The Housing Supports Initiative provides funding for programs and services for individuals and families as they transition from homelessness, or face the risk of homelessness, to ensure successful tenancies.
Funded By:
In March of 2021, the Province of Manitoba provided MNPHA with $2.56 million in funding to be allocated to community partners that would create and expand support services for individuals and families facing housing precarity and homelessness.
MNPHA engaged with community to create a plan to distribute funds, and three priority areas were identified; Maintaining Successful Tenancy, Sector Capacity Building, and Case Management. The funding was distributed to organizations throughout Manitoba’s non-profit housing and homelessness sectors via a peer-reviewed call for proposals process.
The Housing Supports Initiative is currently funding 18 unique projects that expand the capacity of non-profit housing and partner organizations across Manitoba to promote successful tenancies for those exiting and at risk of homelessness. With the funding these organizations can now offer a broad range of programs for tenants, including help accessing mobility supports, grocery shopping and food preparation, transportation, mental health care, budgeting and life skills education, as well as using the funds to provide case management and community outreach, and increase sector capacity through education and partnerships. Over the two years of this Initiative combined, about 450 individuals will be supported to improve their housing circumstances, and eviction prevention services provided to about 900 individuals.

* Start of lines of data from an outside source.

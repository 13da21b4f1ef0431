-- ===== src/Decoder/Rounds.antt =====
-- The loop of a call ends (mediadecode-ffmpeg/src/decoder/mod.rs).
use mediadecode.Base.{
  ℕ, zero, suc, ◌-◌, ◌≤◌, ◌<◌, ◌≡◌, Option, none, some, arith, length, Returns, Result, ok, err,
}
use mediadecode.Decoder.Libav.{Libav}
use mediadecode.Decoder.Phase.{HwRoute, Failure}
use mediadecode.Decoder.Session.{ProbeState, VideoDecoder}
use mediadecode.Decoder.Calls.{call_loop, follow, loop_rounds}
use mediadecode.Decoder.Promises.{Told, Promises}
use mediadecode.Decoder.Rescue.{Rescues, left_of, left, InStep, Routed, follow-Returns}

module _ (F : Libav) (L : Promises F) where
  -- A round of a call, or what it resumes with: an answer that `Q` holds of, or the history kept
  -- and no backend lost.
  abbrev pub Once :
      {A : Type 0}
      → (VideoDecoder F × Result (Failure F) A → Type 0)
      → Told F.Packet
      → VideoDecoder F
      → VideoDecoder F × Result (HwRoute (Failure F)) A
      → Type 0
  Once Q sent s (t, ok a) = Q (t, ok a)
  Once Q sent s (t, err to) = InStep F L sent t × Routed F L sent t to × (left F t ≤ left F s)

  abbrev pub Resumes :
      {A : Type 0}
      → (VideoDecoder F × Result (Failure F) A → Type 0)
      → Told F.Packet
      → VideoDecoder F
      → VideoDecoder F × Option A
      → Type 0
  Resumes Q sent s (t, some a) = Q (t, ok a)
  Resumes Q sent s (t, none) = InStep F L sent t × (left F t ≤ left F s)

  -- A loop whose rounds keep the history ends.
  module _ {A : Type 0} (Q : VideoDecoder F × Result (Failure F) A → Type 0) (sent : Told F.Packet)
      (once : VideoDecoder F → VideoDecoder F × Result (HwRoute (Failure F)) A)
      (resume : VideoDecoder F → VideoDecoder F × Option A)
      (goes : (s : VideoDecoder F) → InStep F L sent s → Once Q sent s (once s))
      (resumes : (s : VideoDecoder F) → InStep F L sent s → Resumes Q sent s (resume s))
      (fails : (e : Failure F) (t : VideoDecoder F)
        → InStep F L sent t
        → Rescues F (sent.0) e
        → Q (t, err e)) where
    -- What the loop asks of its next rounds.
    abbrev NextReturns : (fuel rounds : ℕ) → Type 0
    NextReturns fuel rounds =
        (u : VideoDecoder F)
        → InStep F L sent u
        → left F u < fuel
        → Returns Q (call_loop F once resume fuel (suc (suc rounds)) u)

    resumed-Returns :
        (fuel rounds : ℕ) (t : VideoDecoder F) (r : VideoDecoder F × Option A)
        → NextReturns fuel rounds
        → left F t < fuel
        → Resumes Q sent t r
        → Returns Q (elim (r.1) [
          | some a ↦ some (r.0, ok a)
          | none ↦ call_loop F once resume fuel (suc (suc rounds)) (r.0)
        ])
    resumed-Returns fuel rounds t (u, some a) next less h = h
    resumed-Returns fuel rounds t (u, none) next less h = next u h.0 (omega (arith, h.1, less))

    round-Returns :
        (fuel rounds : ℕ) (s : VideoDecoder F) (r : VideoDecoder F × Result (HwRoute (Failure F)) A)
        → NextReturns fuel rounds
        → left F s < suc fuel
        → Once Q sent s r
        → Returns Q (elim (r.1) [
          | ok a ↦ some (r.0, ok a)
          | err to ↦ follow F (suc (suc rounds)) to (r.0) λ s2.
              let (s3, answered) = resume s2 in
              elim answered [
                | some a ↦ some (s3, ok a)
                | none ↦ call_loop F once resume fuel (suc (suc rounds)) s3
              ]
        ])
    round-Returns fuel rounds s (t, ok a) next enough h = h
    round-Returns fuel rounds s (t, err to) next enough h =
        follow-Returns F L Q rounds to t sent _ h.0 h.1 fails (λ u inv less.
          resumed-Returns fuel rounds u (resume u) next (omega (arith, less, enough, h.2))
            (resumes u inv))

    pub call_loop-Returns : (fuel rounds : ℕ) → NextReturns fuel rounds
    unfolding call_loop
    call_loop-Returns zero rounds s inv enough = absurd (omega (arith, enough))
    call_loop-Returns (suc fuel) rounds s inv enough =
        round-Returns fuel rounds s (once s) (call_loop-Returns fuel rounds) enough (goes s inv)

  pub left_of-loop_rounds : (s : VideoDecoder F) → left F s < loop_rounds F s
  left_of-loop_rounds s = on s.probe
    where
      on :
          (probe : Option (ProbeState F))
          → left_of F probe < elim probe [ none ↦ 1 | some p ↦ suc (length p.remaining_backends) ]
      on none = omega arith
      on (some p) = omega arith

  pub two_more : (n : ℕ) → 2 ≤ n → (k : ℕ) × (n ≡ suc (suc k))
  two_more n h = (n - 2, omega (arith, h))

You can find a full list of Housing Supports Initiative recipients below, with links to the organization’s websites, as well as profiles (ongoing) of their projects.
FUNDED ORGANIZATIONS
Genesis House
Housing Supports Profile
This project works on the prevention and shelter diversion of individuals experiencing homelessness. The prevention activities include aiming to reduce homelessness by supporting individuals and families at imminent risk of homelessness before a crisis occurs. This includes supporting individuals and families who are currently housed but at-risk of losing their housing, and preventing individuals who are being discharged from public systems from becoming homeless.
In partnership with Manitoba Association of Women’s Shelters and with the support of the Housing Supports Initiative, as well as other funders, The Jubilee Fund will be launching Canada’s first rent guarantee program for at-risk women in Manitoba in May 2022!
When at-risk women are unable to secure public or non-profit housing due to lack of availability, they often turn to for-profit housing but get turned down due to lack of a rental history and/or financial viability in the landlords’ eyes. This can cause them to go back to abusive partners or secure housing with predatory property owners.
This new, innovative program’s sole purpose will be to co-sign for at-risk women’s rent as they rebuild their lives on tight budgets, and help build their rental history to build their independence and secure a safe and good future for their children.
Central Station Community Centre is a nonprofit organization in the heart of Winkler that serves the City of Winkler and the rural communities in the RM of Stanley.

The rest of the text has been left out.